◆ Collected data entries ◆
***
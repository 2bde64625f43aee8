-- ===== src/Orchestration/Terminal.antt =====
-- The last step of a plan: `_run_terminal_streaming` of
-- backend/app/services/agents/orchestrator_service.py. What it calls is a parameter: the handlers, the tool
-- loop and the model's stream. The generator's events are a list.
use gummy_os.Common.{
  ℕ, String, Text, Bool, ◌&&◌, List, [], ◌∷◌, ◌++◌, map, Option, none, some, if◌then◌else◌, Result,
  ok, err,
}
use gummy_os.Routing.{RouteStep}
use gummy_os.Tools.{Value}
use gummy_os.Tools.Executor.{ToolOutcome}
use gummy_os.Orchestration.{Trace, AgentResult, AgentTask, Scratch}
use gummy_os.Orchestration.Steps.{
  RunGuard, check_before_dispatch, intent_of, Results, begin_step, close_step,
}

pub data TurnEvent : Type 0 where
  status : (stage : String) (agent : Option String) → TurnEvent
  delta : Text → TurnEvent
  tool_status : Value → TurnEvent

pub record LoopResult : Type 0 where
  pub text : Text
  pub model : Text
  pub input_tokens : ℕ
  pub output_tokens : ℕ
  pub executions : List (String × ToolOutcome)

pub record LlmResponse : Type 0 where
  pub text : Text
  pub model : Text
  pub input_tokens : ℕ
  pub output_tokens : ℕ

-- What the turn calls, over its state `L`; `P` is a turn that `handlers.prepare` made ready.
pub record Calls (L P : Type 0) : Type 0 where
  pub build : L → Result Text (Unit {0}) × L
  pub dispatch : AgentTask → L → Result Text AgentResult × L
  pub gather : List AgentTask → L → List (Result Text AgentResult) × L
  pub prepare : AgentTask → L → Result Text (Option P) × L
  pub has_tools : (agent_key : String) → Bool
  pub run_tool_loop :
      (agent_key : String) → P → L → (List Value × Result Text (Option LoopResult)) × L
  pub stream : P → L → (List Text × Result Text (Unit {0})) × L
  pub finish : P → LlmResponse → AgentResult
  pub system_tokens : P → ℕ
  pub estimate_tokens : Text → ℕ
  pub default_model : Text
  pub supports_tool_calling : Bool
  pub supports_streaming : Bool
  pub synthesize_parallel : Results → (failures : List (String × Text)) → L → Text × L

unfoldable join_chunks : List Text → Text
join_chunks [] = []
join_chunks (chunk ∷ rest) = chunk ++ join_chunks rest

-- The result of an answer that the tool loop made.
unfoldable with_tools : LoopResult → AgentResult → AgentResult
with_tools answer result = record result {
  output = record result.output { tools_used = answer.executions };
}

module _ {L P : Type 0} (calls : Calls L P) where
  unfoldable run_model : AgentTask → P → L → (List TurnEvent × Result Text AgentResult) × L
  unfolding join_chunks
  run_model task prepared l =
      let ((chunks, ended), l') = calls.stream prepared l in
      let text = join_chunks chunks in
      let events = map TurnEvent.delta chunks in
      elim ended [
        | err e ↦ ((events, err e), l')
        | ok done ↦ (
          (
            events,
            ok (
                calls.finish prepared record {
                  text = text;
                  model = calls.default_model;
                  input_tokens = calls.system_tokens prepared;
                  output_tokens = calls.estimate_tokens text;
                }),
          ),
          l',
        )
      ]

  unfoldable run_dispatch : AgentTask → L → (List TurnEvent × Result Text AgentResult) × L
  run_dispatch task l =
      let (outcome, l') = calls.dispatch task l in
      elim outcome [
        | err e ↦ (([], err e), l')
        | ok result ↦ ((TurnEvent.delta result.output.reply ∷ [], ok result), l')
      ]

  -- Without an answer of the tool loop: the provider's stream, where it has one.
  unfoldable run_untooled : AgentTask → P → L → (List TurnEvent × Result Text AgentResult) × L
  unfolding run_model run_dispatch
  run_untooled task prepared l =
      if calls.supports_streaming then run_model task prepared l else run_dispatch task l

  -- A tool loop that has no tool to offer gives no result.
  unfoldable run_tools : AgentTask → P → L → (List TurnEvent × Result Text AgentResult) × L
  unfolding with_tools run_untooled
  run_tools task prepared l =
      let ((seen, ended), l') = calls.run_tool_loop task.agent_key prepared l in
      let events = map TurnEvent.tool_status seen in
      elim ended [
        | err e ↦ ((events, err e), l')
        | ok none ↦
            let ((more, outcome), l'') = run_untooled task prepared l' in
            ((events ++ more, outcome), l'')
        | ok (some answer) ↦ (
          (
            events ++ TurnEvent.delta answer.text ∷ [],
            ok (
                with_tools answer (
                  calls.finish prepared record {
                    text = answer.text;
                    model = answer.model;
                    input_tokens = answer.input_tokens;
                    output_tokens = answer.output_tokens;
                  })),
          ),
          l',
        )
      ]

  -- The body of the `try`.
  unfoldable pub answer : AgentTask → L → (List TurnEvent × Result Text AgentResult) × L
  unfolding run_tools run_dispatch run_untooled
  answer task l =
      let (made, l') = calls.prepare task l in
      elim made [
        | err e ↦ (([], err e), l')
        | ok none ↦ run_dispatch task l'
        | ok (some prepared) ↦
            if calls.has_tools task.agent_key && calls.supports_tool_calling
            then run_tools task prepared l'
            else run_untooled task prepared l'
      ]

  unfoldable pub run_terminal :
      (run_id : ℕ) (message : Text)
      → RouteStep
      → (scratch : List Scratch) → RunGuard
      → Trace L
      → (List TurnEvent × Result Text AgentResult) × Trace L
  unfolding check_before_dispatch intent_of begin_step close_step answer
  run_terminal run_id message route_step scratch guard t = elim (check_before_dispatch 1 guard) [
    | err e ↦ (([], err e), t)
    | ok checked ↦
        let key = route_step.agent_key in
        let (step_id, opened) = begin_step run_id key t in
        let ((events, outcome), l) =
          answer
            record {
              run_id = run_id;
              agent_key = key;
              intent = intent_of message route_step;
              scratch = scratch;
            }
            opened.handlers in
        ((events, outcome), close_step run_id key step_id outcome record opened { handlers = l })
  ]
***
◆ What the task requires ◆
Copy each line above that has the word "LlmResponse".

◆ Written reply ◆
pub record LlmResponse : Type 0 where
  pub finish : P → LlmResponse → AgentResult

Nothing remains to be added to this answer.